=== Section Start ===

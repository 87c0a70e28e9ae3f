-- ===== src/Tsdb/BucketIndex/GlobalMarkers/Calls.antt =====
-- An upload or a delete over a store whose calls may fail: every mark keeps its copy.
use blockstorageingestor.Prelude.{
  ◌≡◌, sym, ◌≢◌, ◌⊎◌, inl, inr, Bool, true, Option, none, some, arith, if◌then◌else◌, ◌==◌, nat_eq,
  Bool-cases, Str, str_beq_iff, str_eq, str_beq_refl,
}
use blockstorageingestor.Errors.{Error, ok, err, Result, Result-cases}
use blockstorageingestor.Objstore.{Reader, Bucket, bytes_buffer}
use blockstorageingestor.Objstore.Lawful.{Reading, is_some}
use blockstorageingestor.Tsdb.BucketIndex.Markers.{BlockFormat, IsBlockFormat, markers_pathname}
use blockstorageingestor.Tsdb.BucketIndex.GlobalMarkers.{
  is_mark, global_markers, upload, delete, copy_and_upload, delete_copy,
}
use blockstorageingestor.Tsdb.BucketIndex.GlobalMarkers.Places.{
  Mark, unmarked-differs, mark_place, copy_place, is_mark-mark_place, same_copy, same_mark,
  mark_or_copy,
}

-- A store whose calls may fail. An upload that returns no error has stored something under its
-- name, a delete that returns none has removed the object; one that fails has done so or has
-- changed nothing. No call changes another object.
module _ (B : Bucket) (V : Reading B) (b : B.Self) where
  abbrev pub Puts : Str → B.State → B.State → Type 0
  Puts n s t = (c : Str) × ((m : Str) → V.view b t m ≡ (if m == n then some c else V.view b s m))

  abbrev pub Drops : Str → B.State → B.State → Type 0
  Drops n s t = (m : Str) → V.view b t m ≡ (if m == n then none else V.view b s m)

  abbrev pub Keeps : B.State → B.State → Type 0
  Keeps s t = (m : Str) → V.view b t m ≡ V.view b s m

  abbrev pub Fails : Result (Unit {0}) → Type 0
  Fails r = (e : Error) × (r ≡ err e)

pub record IsFallible (B : Bucket) (V : Reading B) : Type 0 where
  pub upload-effect :
      (b : B.Self) (ctx : B.Context) (n : Str) (r : Reader) (s : B.State)
      → let done = B.upload b ctx n r s in
        Puts B V b n s done.1 ⊎ (Keeps B V b s done.1 × Fails B V b done.0)
  pub delete-effect :
      (b : B.Self) (ctx : B.Context) (n : Str) (s : B.State)
      → let done = B.delete b ctx n s in
        Drops B V b n s done.1 ⊎ (Keeps B V b s done.1 × Fails B V b done.0)

module _ (T : BlockFormat) (W : IsBlockFormat T) where
  -- A name that the code gives to a file: a mark's, or one that is neither a mark's nor a copy's.
  pub data Name (n : Str) : Type 0 where
    mark : (p : Mark T W) → n ≡ mark_place T W p → Name n
    other :
        ((order : Bool) → is_mark T order n ≡ none)
        → ((p : Mark T W) → n ≢ copy_place T W p)
        → Name n

  -- Every mark has its copy.
  abbrev pub AreCopied : (Str → Option Str) → Type 0
  AreCopied v =
      (p : Mark T W) → is_some (v (mark_place T W p)) ≡ true → is_some (v (copy_place T W p)) ≡ true

  pub put-AreCopied :
      (v w : Str → Option Str) (n c : Str)
      → ((m : Str) → w m ≡ (if m == n then some c else v m))
      → ((p : Mark T W) → mark_place T W p ≡ n → is_some (w (copy_place T W p)) ≡ true)
      → AreCopied v
      → AreCopied w
  put-AreCopied v w n c h k i p q = elim (Bool-cases (mark_place T W p == n)) [
    | inl e ↦ k p ((str_beq_iff _ _).0 e)
    | inr e ↦
        let before : is_some (v (mark_place T W p)) ≡ true =
          ground (arith, h (mark_place T W p), e, q) in
        ground (arith, h (copy_place T W p), i p before)
  ]

  pub drop-AreCopied :
      (v w : Str → Option Str) (n : Str)
      → ((m : Str) → w m ≡ (if m == n then none else v m))
      → ((p : Mark T W) → copy_place T W p ≡ n → w (mark_place T W p) ≡ none)
      → AreCopied v
      → AreCopied w
  drop-AreCopied v w n h k i p q = elim (Bool-cases (copy_place T W p == n)) [
    | inl e ↦ let gone = k p ((str_beq_iff _ _).0 e) in ground (arith, gone, q)
    | inr e ↦
        let before : is_some (v (mark_place T W p)) ≡ true =
          ground (arith, h (mark_place T W p), q) in
        ground (arith, h (copy_place T W p), e, i p before)
  ]

  module _ (B : Bucket) (V : Reading B) (H : IsFallible B V) (b : B.Self) (ctx : B.Context) where
    keep-AreCopied :
        (s t : B.State) → Keeps B V b s t → AreCopied (V.view b s) → AreCopied (V.view b t)
    keep-AreCopied s t h i p q = rw (h (copy_place T W p)) (i p (rw (← h (mark_place T W p)) q))

    below-upload :
        (n : Str) (r : Reader) (s : B.State)
        → ((p : Mark T W) → mark_place T W p ≡ n → is_some (V.view b s (copy_place T W p)) ≡ true)
        → AreCopied (V.view b s)
        → AreCopied (V.view b (B.upload b ctx n r s).1)
    below-upload n r s k i = elim (H.upload-effect b ctx n r s) [
      | inl (c, h) ↦ put-AreCopied _ _ n c h (λ p e. ground (arith, h (copy_place T W p), k p e)) i
      | inr (h, _) ↦ keep-AreCopied _ _ h i
    ]

    below-delete :
        (n : Str) (s : B.State)
        → ((p : Mark T W) → copy_place T W p ≡ n → V.view b s (mark_place T W p) ≡ none)
        → AreCopied (V.view b s)
        → AreCopied (V.view b (B.delete b ctx n s).1)
    below-delete n s k i = elim (H.delete-effect b ctx n s) [
      | inl h ↦ drop-AreCopied _ _ n h (λ p e. ground (arith, h (mark_place T W p), k p e)) i
      | inr (h, _) ↦ keep-AreCopied _ _ h i
    ]

    module _ (no_markers : (id : T.ULID) → T.to_string id ≢ markers_pathname) (order : Bool) where
      -- after the copy has been written
      then-upload :
          (p : Mark T W) (content : Str) (s : B.State)
          → let done = B.upload b ctx (copy_place T W p) (bytes_buffer content) s in
            done.0 ≡ ok tt
            → AreCopied (V.view b done.1)
            → AreCopied
                (V.view b (B.upload b ctx (mark_place T W p) (bytes_buffer content) done.1).1)
      then-upload p content s f i =
          below-upload (mark_place T W p) (bytes_buffer content)
            (B.upload b ctx (copy_place T W p) (bytes_buffer content) s).1
            (λ q e. elim (H.upload-effect b ctx (copy_place T W p) (bytes_buffer content) s) [
              | inl (c, h) ↦
                  rw (same_mark T W q p e)
                    (ground (arith, h (copy_place T W p), str_beq_refl (copy_place T W p)))
              | inr (_, (x, h)) ↦ let no : ⊥ = cc in elim no [ ]
            ])
            i

      copy_and_upload-AreCopied :
          (p : Mark T W) (body : Result Str) (s : B.State)
          → AreCopied (V.view b s)
          → AreCopied (
              V.view b
                (copy_and_upload T order B b ctx (copy_place T W p) (mark_place T W p) body s).1)
      unfolding copy_and_upload
      copy_and_upload-AreCopied p (err e) s i = i
      copy_and_upload-AreCopied p (ok c) s i =
          let first =
            below-upload (copy_place T W p) (bytes_buffer c) s
              (λ q e. absurd (mark_or_copy T W no_markers q p e)) i in
          elim (Result-cases (B.upload b ctx (copy_place T W p) (bytes_buffer c) s).0) [
            | inl (u, f) ↦ rw (f, copy_and_upload) (then-upload p c s f first)
            | inr (e, f) ↦ rw (f, copy_and_upload) first
          ]

      upload_mark-AreCopied :
          (p : Mark T W) (r : Reader) (s : B.State)
          → AreCopied (V.view b s)
          → AreCopied (V.view b (upload T order B (global_markers b) ctx (mark_place T W p) r s).1)
      unfolding upload
      upload_mark-AreCopied p r s i =
          rw (upload, is_mark-mark_place T W order p) (copy_and_upload-AreCopied p r.unread s i)

      pub upload-AreCopied :
          (n : Str) (r : Reader) (s : B.State)
          → Name n
          → AreCopied (V.view b s)
          → AreCopied (V.view b (upload T order B (global_markers b) ctx n r s).1)
      unfolding upload
      upload-AreCopied n r s (mark p e) i = rw e (upload_mark-AreCopied p r s i)
      upload-AreCopied n r s (other none_marked no_copy) i =
          rw (upload, none_marked order)
            (below-upload n r s
              (λ p e. absurd (unmarked-differs T W order n (none_marked order) p (sym e))) i)

      -- after the mark itself is gone
      then-delete :
          (p : Mark T W) (s : B.State)
          → let done = B.delete b ctx (mark_place T W p) s in
            done.0 ≡ ok tt
            → AreCopied (V.view b done.1)
            → AreCopied (V.view b (B.delete b ctx (copy_place T W p) done.1).1)
      then-delete p s f i =
          below-delete (copy_place T W p) (B.delete b ctx (mark_place T W p) s).1
            (λ q e. elim (H.delete-effect b ctx (mark_place T W p) s) [
              | inl h ↦
                  rw (same_copy T W q p e)
                    (ground (arith, h (mark_place T W p), str_beq_refl (mark_place T W p)))
              | inr (_, (x, h)) ↦ let no : ⊥ = cc in elim no [ ]
            ])
            i

      pub delete-AreCopied :
          (n : Str) (s : B.State)
          → Name n
          → AreCopied (V.view b s)
          → AreCopied (V.view b (delete T order B (global_markers b) ctx n s).1)
      unfolding delete
      delete-AreCopied n s (mark p e) i =
          let first =
            below-delete (mark_place T W p) s
              (λ q e. absurd (mark_or_copy T W no_markers p q (sym e))) i in
          rw e (elim (Result-cases (B.delete b ctx (mark_place T W p) s).0) [
            | inl (u, f) ↦
                rw (delete, f, is_mark-mark_place T W order p, delete_copy)
                  (then-delete p s f first)
            | inr (x, f) ↦ rw (delete, f) first
          ])
      delete-AreCopied n s (other none_marked no_copy) i =
          let first = below-delete n s (λ q e. absurd (no_copy q (sym e))) i in
          elim (Result-cases (B.delete b ctx n s).0) [
            | inl (u, f) ↦ rw (delete, f, none_marked order, delete_copy) first
            | inr (x, f) ↦ rw (delete, f) first
          ]
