-- ===== src/Tsdb/BucketIndex/GlobalMarkers/Runs.antt =====
-- What holds of marks and copies after any sequence of uploads and deletes through the client.
use blockstorageingestor.Prelude.{above, ◌≡◌, sym, ◌∙◌, ◌≢◌, Bool, List, nat_eq, All, Str, str_eq}
use blockstorageingestor.Objstore.{Reader, Bucket}
use blockstorageingestor.Objstore.Lawful.{Reading}
use blockstorageingestor.Tsdb.BucketIndex.Markers.{BlockFormat, IsBlockFormat, markers_pathname}
use blockstorageingestor.Tsdb.BucketIndex.GlobalMarkers.{global_markers, upload, delete}
use blockstorageingestor.Tsdb.BucketIndex.GlobalMarkers.Calls.{
  other, IsFallible, Name, AreCopied, upload-AreCopied, delete-AreCopied,
}
use blockstorageingestor.Tsdb.BucketIndex.GlobalMarkers.Paths.{
  block_file, is_mark-other, base-block,
}
use blockstorageingestor.Tsdb.BucketIndex.GlobalMarkers.Places.{block_or_copy}
use blockstorageingestor.Go.FilePath.Laws.{IsPlain}

module _ (T : BlockFormat) (W : IsBlockFormat T) where
  -- The other files of a block have such names too.
  pub block_file-Name :
      ((id : T.ULID) → T.to_string id ≢ markers_pathname)
      → (pre : List Str) (above : All IsPlain pre) (id : T.ULID) (file : Str) → IsPlain file
      → file ≢ T.deletion_mark_filename
      → file ≢ T.no_compact_mark_filename
      → Name T W (block_file T W pre above id file)
  block_file-Name no_markers pre above id file plain d n =
      other
        (λ order.
          is_mark-other T W pre above id order _
            (λ e. d (sym (base-block T W pre above id file plain) ∙ e))
            (λ e. n (sym (base-block T W pre above id file plain) ∙ e)))
        (λ q. block_or_copy T W no_markers pre above id file q plain)

  -- A call of the client: an upload of a reader of the allowed kind, or a delete, under a name of
  -- those that the code gives to files, in any context, with the map of marks walked in any
  -- order.
  module _ (B : Bucket) (b : B.Self) (Allowed : Reader → Type 0) where
    pub data Step (s t : B.State) : Type 0 where
      uploads :
          (order : Bool) (ctx : B.Context) (n : Str) (r : Reader)
          → Allowed r
          → Name T W n
          → t ≡ (upload T order B (global_markers b) ctx n r s).1
          → Step s t
      deletes :
          (order : Bool) (ctx : B.Context) (n : Str)
          → Name T W n
          → t ≡ (delete T order B (global_markers b) ctx n s).1
          → Step s t

    pub data Reach (s : B.State) : B.State → Type 0 where
      here : Reach s s
      next : {t u : B.State} → Reach s t → Step t u → Reach s u

    module _ (V : Reading B) (H : IsFallible B V)
        (no_markers : (id : T.ULID) → T.to_string id ≢ markers_pathname) where
      Step-AreCopied :
          (s t : B.State) → Step s t → AreCopied T W (V.view b s) → AreCopied T W (V.view b t)
      Step-AreCopied s t (uploads order ctx n r allowed name e) i =
          rw e (upload-AreCopied T W B V H b ctx no_markers order n r s name i)
      Step-AreCopied s t (deletes order ctx n name e) i =
          rw e (delete-AreCopied T W B V H b ctx no_markers order n s name i)

      -- Over a store whose calls may fail, and from a state in which every block's mark has its
      -- global copy: in each state that uploads and deletes through the client reach, whichever of
      -- their calls of the store have failed, every mark still has its copy. The names are those of
      -- marks in the directories of blocks, below plain path components, or names that the client
      -- takes for no mark and that no copy has, so a call under the name of a copy is no such step;
      -- no block is named like the directory of copies.
      pub Reach-AreCopied :
          (s t : B.State) → Reach s t → AreCopied T W (V.view b s) → AreCopied T W (V.view b t)
      Reach-AreCopied s t here i = i
      Reach-AreCopied s t (next r step) i = Step-AreCopied _ _ step (Reach-AreCopied s _ r i)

=== Section End ===

Work to be completed: If a line comes after the one that contains "-- changed nothing.", leave it out; return every line of the entries up to that point exactly, starting with the first, with that line included.

Result below:
repository 87c0a70e28e9ae3f
-- ===== src/Tsdb/BucketIndex/GlobalMarkers/Calls.antt =====
-- An upload or a delete over a store whose calls may fail: every mark keeps its copy.
use blockstorageingestor.Prelude.{
  ◌≡◌, sym, ◌≢◌, ◌⊎◌, inl, inr, Bool, true, Option, none, some, arith, if◌then◌else◌, ◌==◌, nat_eq,
  Bool-cases, Str, str_beq_iff, str_eq, str_beq_refl,
}
use blockstorageingestor.Errors.{Error, ok, err, Result, Result-cases}
use blockstorageingestor.Objstore.{Reader, Bucket, bytes_buffer}
use blockstorageingestor.Objstore.Lawful.{Reading, is_some}
use blockstorageingestor.Tsdb.BucketIndex.Markers.{BlockFormat, IsBlockFormat, markers_pathname}
use blockstorageingestor.Tsdb.BucketIndex.GlobalMarkers.{
  is_mark, global_markers, upload, delete, copy_and_upload, delete_copy,
}
use blockstorageingestor.Tsdb.BucketIndex.GlobalMarkers.Places.{
  Mark, unmarked-differs, mark_place, copy_place, is_mark-mark_place, same_copy, same_mark,
  mark_or_copy,
}

-- A store whose calls may fail. An upload that returns no error has stored something under its
-- name, a delete that returns none has removed the object; one that fails has done so or has
-- changed nothing. No call changes another object.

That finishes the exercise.